Carl F.
Yelp
So, I was supposed to have brunch with George Takei (of Star Trek fame) today, but instead I spent the morning into afternoon holed up in my hotel room with whatever the Columbus, Ohio version of Montezuma's Revenge is, thanks to what was possibly the most repulsive meal I've ever been served.
I was going to give 2-stars because the girl who took my order was well spoken and somewhat helpful, but the events that transpired prevent me being generous with deuce stars. And it's not like I expected some gourmet ish or anything, but I was at least hoping for something that was edible.
I was staying at a hotel located roughly a quarter mile from CADD when I saw their menu, which featured like 8 different variations of fries, in the hotel lobby. I wasn't super hungry but I LOVE fries and kind of always have that underlying 'I could eat' feeling, so I went for it and called in an order to be delivered (they're open and deliver until 4am) to my hotel just shy of 1am.

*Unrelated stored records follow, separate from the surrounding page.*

-- ===== src/Execution/Guards.antt =====
-- services/execution/service.py: what keeps an order from the broker at the last moment, and where
-- the reservation does not.
use icici_breeze_api_trading.Prelude.{
  suc, ◌≡◌, refl, inl, inr, true, false, ◌&&◌, some, [], ◌∷◌, ◌++◌, arith, Bool-cases,
}
use icici_breeze_api_trading.Prelude.Float.{Float}
use icici_breeze_api_trading.Prelude.Result.{Result, ok, err}
use icici_breeze_api_trading.Contracts.{Text, BrokerOrder, approved, submitting}
use icici_breeze_api_trading.LiveGate.{validate_live_order}
use icici_breeze_api_trading.Oms.Repository.{get_order_by_id}
use icici_breeze_api_trading.Oms.Service.{mark_order_submitting, reserve_order}
use icici_breeze_api_trading.Execution.Requests.{
  BrokerRequest, BrokerResponse, ExecutionConfig, build_broker_request,
}
use icici_breeze_api_trading.Execution.Service.{
  Execution, Run, report, send_order, submit_reserved, reserve_and_submit, start_order,
  execute_order, is_live_exposure, runtime_healthy,
}
use icici_breeze_api_trading.Execution.Service.{own_update}
use icici_breeze_api_trading.Contracts.{broker_order_event, failed_safe_word}
use icici_breeze_api_trading.Execution.Single.{submissions, submissions-append}

module _ {F : Type 0} ⦃fl : Float F⦄ where
  -- An approved LIVE order that is not reduce-only is not sent where the session or the feed is not
  -- healthy or the gate does not authorize it at that instant: the calls to the broker and the
  -- tables stay as they are, and one FAILED_SAFE update of it is published.
  pub unsafe_order_fails_safe :
      (cfg : ExecutionConfig F) (run : Run F) (id : Text) (s : Execution F) (o : BrokerOrder F)
      → get_order_by_id id s.oms.repo ≡ some o
      → o.status ≡ approved
      → is_live_exposure o ≡ true
      → (runtime_healthy run && validate_live_order run.gate_now cfg.live_account_id run.live_gate)
        ≡ false
      → ((execute_order cfg run id s).1.placed ≡ s.placed)
        × ((execute_order cfg run id s).1.oms.repo ≡ s.oms.repo)
        × ((text : Text) × ((execute_order cfg run id s).1.oms.bus
              ≡ s.oms.bus ++ (broker_order_event (own_update failed_safe_word text o) ∷ [])))
  unfolding execute_order start_order
  unsafe_order_fails_safe cfg run id s o f a l u =
      rw (f, a, l)
        (elim (Bool-cases (runtime_healthy run)) [
          | inl e ↦ rw (e, (rw e at u)) (refl, refl, (run.gate_text, refl))
          | inr e ↦ rw e (refl, refl, (run.health_text, refl))
        ])

  report-placed :
      (cfg : ExecutionConfig F) (run : Run F) (o : BrokerOrder F) (r : Result (BrokerResponse F))
      (s : Execution F)
      → (report cfg run o r s).1.placed ≡ s.placed
  unfolding report
  report-placed cfg run o (ok resp) s = ground arith
  report-placed cfg run o (err e) s = refl

  -- The reservation does not tell an order that it reserved from one that stands as SUBMITTING
  -- already: an execution that goes on to the reservation of such an order, whose request can be
  -- built, sends it once more.
  pub reserved_order_sent_again :
      (cfg : ExecutionConfig F) (run : Run F) (id : Text) (s : Execution F) (o : BrokerOrder F)
      (req : BrokerRequest F)
      → get_order_by_id id s.oms.repo ≡ some o
      → o.status ≡ submitting
      → build_broker_request cfg o ≡ some req
      → submissions o.order_id (reserve_and_submit cfg run id s).1.placed
        ≡ suc (submissions o.order_id s.placed)
  unfolding reserve_and_submit mark_order_submitting reserve_order submit_reserved send_order report
  reserved_order_sent_again cfg run id s o req f a r =
      rw
        (
          f,
          a,
          r,
          report-placed cfg run o run.answer (record s {
            placed =
                s.placed
                ++ (record { order_id = o.order_id; request = req; mode = o.trading_mode } ∷ []);
          }),
          submissions-append o.order_id s.placed
              (record { order_id = o.order_id; request = req; mode = o.trading_mode }),
        )
        (ground arith)
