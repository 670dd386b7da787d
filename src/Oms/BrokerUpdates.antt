-- ===== src/Oms/BrokerUpdates.antt =====
-- services/oms/service.py, `_handle_broker_order_event`: a broker's status word and fill progress
-- are taken over by the order that carries the client order id.
use icici_breeze_api_trading.Prelude.{Bool, not, ◌&&◌, ◌||◌, Option, none, some, if◌then◌else◌}
use icici_breeze_api_trading.Prelude.Int.{ℤ, pos, ◌-ℤ◌, ltb_ℤ, eq_ℤ, max_ℤ}
use icici_breeze_api_trading.Prelude.Float.{Float, zero_f, or_f}
use icici_breeze_api_trading.Prelude.Result.{Result, ok}
use icici_breeze_api_trading.Prelude.Action.{Action, pure, lift, ◌>>◌}
use icici_breeze_api_trading.Contracts.{
  OrderState, BrokerOrder, BrokerUpdate, StatusWord, same_state, truthy_id, same_id, or_id,
  submission_unknown, partially_filled, filled, open_state, cancelled, rejected, expired,
  failed_safe, filled_word, partial, partially_filled_word, partially_spaced, open_word, placed,
  cancelled_word, rejected_word, expired_word, failed_safe_word, unknown,
}
use icici_breeze_api_trading.Oms.StateMachine.{validate_transition}
use icici_breeze_api_trading.Oms.Repository.{
  Stamp, broker_reconciliation, save_broker_order_with_transition, get_order_by_client_id,
}
use icici_breeze_api_trading.Oms.Service.{Oms, save_transition}

-- The state that a broker's status word asks for; any other word keeps the present one.
unfoldable pub broker_state : StatusWord → ℤ → OrderState → OrderState
broker_state filled_word q present = filled
broker_state partial q present = partially_filled
broker_state partially_filled_word q present = partially_filled
broker_state partially_spaced q present = partially_filled
broker_state open_word q present = if ltb_ℤ (pos 0) q then partially_filled else open_state
broker_state placed q present = if ltb_ℤ (pos 0) q then partially_filled else open_state
broker_state cancelled_word q present = cancelled
broker_state rejected_word q present = rejected
broker_state expired_word q present = expired
broker_state failed_safe_word q present = failed_safe
broker_state unknown q present = submission_unknown
broker_state _ q present = present

-- The transition is checked where the state changes.
abbrev pub check_changed : Bool → OrderState → OrderState → Result (Unit {0})
check_changed changed from_state to_state =
    if changed then validate_transition from_state to_state else ok tt

module _ {F : Type 0} ⦃fl : Float F⦄ where
  open fl use {eq}

  -- `fill_changed`
  abbrev pub fill_changed : BrokerUpdate F → BrokerOrder F → Bool
  fill_changed u order =
      not (eq_ℤ u.filled_quantity order.filled_quantity)
      || not (eq (or_f u.average_price zero_f) (or_f order.average_price zero_f))
      || truthy_id u.broker_order_id && not (same_id u.broker_order_id order.broker_order_id)

  abbrev pub updated_order : BrokerUpdate F → OrderState → BrokerOrder F → BrokerOrder F
  updated_order u to_state order = record order {
    broker_order_id = or_id u.broker_order_id order.broker_order_id;
    status = to_state;
    filled_quantity = u.filled_quantity;
    remaining_quantity = max_ℤ (pos 0) (order.quantity -ℤ u.filled_quantity);
    average_price = or_f u.average_price order.average_price;
    status_message = u.message;
  }

  -- The checked and saved update.
  abbrev pub apply_update :
      BrokerUpdate F → Stamp → OrderState → BrokerOrder F → Action (Oms F) (Unit {0})
  apply_update u stamp to_state order = do
    lift (check_changed (not (same_state to_state order.status)) order.status to_state)
    save_transition (updated_order u to_state order) (some order.status) to_state
        (broker_reconciliation u.status) stamp

  unfoldable pub update_order :
      BrokerUpdate F → Stamp → Option (BrokerOrder F) → Action (Oms F) (Unit {0})
  unfolding broker_state save_broker_order_with_transition validate_transition
  update_order u stamp none = pure tt
  update_order u stamp (some order) =
      let to_state = broker_state u.status u.filled_quantity order.status in
      let state_changed = not (same_state to_state order.status) in
      if not (state_changed || fill_changed u order)
      then pure tt
      else apply_update u stamp to_state order

  unfoldable pub handle_broker_order_event : BrokerUpdate F → Stamp → Action (Oms F) (Unit {0})
  unfolding get_order_by_client_id update_order
  handle_broker_order_event u stamp s =
      update_order u stamp (get_order_by_client_id u.client_order_id s.repo) s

After that it was all downhill.
I ordered:
* Buffalo Fries
* Cheese fries w/ jalapenos
* Buffalo Shrimp
Order total: $14.85 + $5 cash tip for driver because it was the smallest bill I had.
*Was told delivery time for 2 orders of fries and shrimp would be 45 minutes. Actual deliver time was just shy of 2 1/2 hours at 3:30am. Which sucked for a number of reasons, #1 being that at that point I was more exhausted than hungry and would have preferred just falling asleep.
*I'd already gotten into my PJs and was sure to ask the girl on the phone if the driver would deliver right to my room or just to the lobby, as my PJs are NSFPublic (not because they're racy but because they're basically being held together by various permanent food stains and I prefer to keep that visual a secret) and I'd planned on not ordering if it meant I was going to have to put on real pants and shoes again to go down to the lobby. The girl on the phone said it depends on the hotel security if the driver can come up or not, and I figured that since my hotel had zero lobby or otherwise security that I'd be good to stay within the confines of my room. That unfortunately didn't end up being the case because the driver didn't want to make the trip up the elevator, so I ended up having suit up and go down for my cold-ass 2.5 hour-old food.
*I open the bag of food and the first thing I pull out is the single napkin they packed with my order that's crumpled up, wet, and appears to have already been used by someone else.
*The buffalo fries had sogged and congealed together to form one mass glob and it looked like all someone did was put one pump of buffalo sauce right in the middle.
*The cheese + jalapeno fries where the container was about 40% coagulated cheese substance. It was pretty close to being inedible.
*The buffalo shrimp were downright disgusting. I don't even think there was shrimp in there. If I had to guess, I'd say it was closer to heavily breaded bits of earthworms and there was no buffalo sauce included. There was, however, a small container with a shot of straight drained grease. I stuck my fork in to attempt to stir and do a taste check and sure enough, just thick oil-y grease shot. No buffalo. It smelled so bad that I had to dump it down my hotel bathroom sink, which i know you aren't supposed to do with grease but this was an emergency. Trust. The sh*t was so thick it just pooled over the drain and stayed there. About 4 minutes later I heard a gurgle from the bathroom that ended up being the sound of the grease finally starting to make it's way down the drain.
*It was hard to eat more than a few bites of any of it, so I ended up trashing 85% of my $20 meal and then writhing in pain the rest of the night from my stomach's disagreeable reaction to the absolutely abhorrent food.
Hands down the foul-est food experience I've ever had... and this is coming from a person who accidentally ate a cat litter particle a few weeks ago thinking it was fallen oatmeal chocolate chip cook bit.
Not fit for human consumption would be the simplest way to describe my meal from here.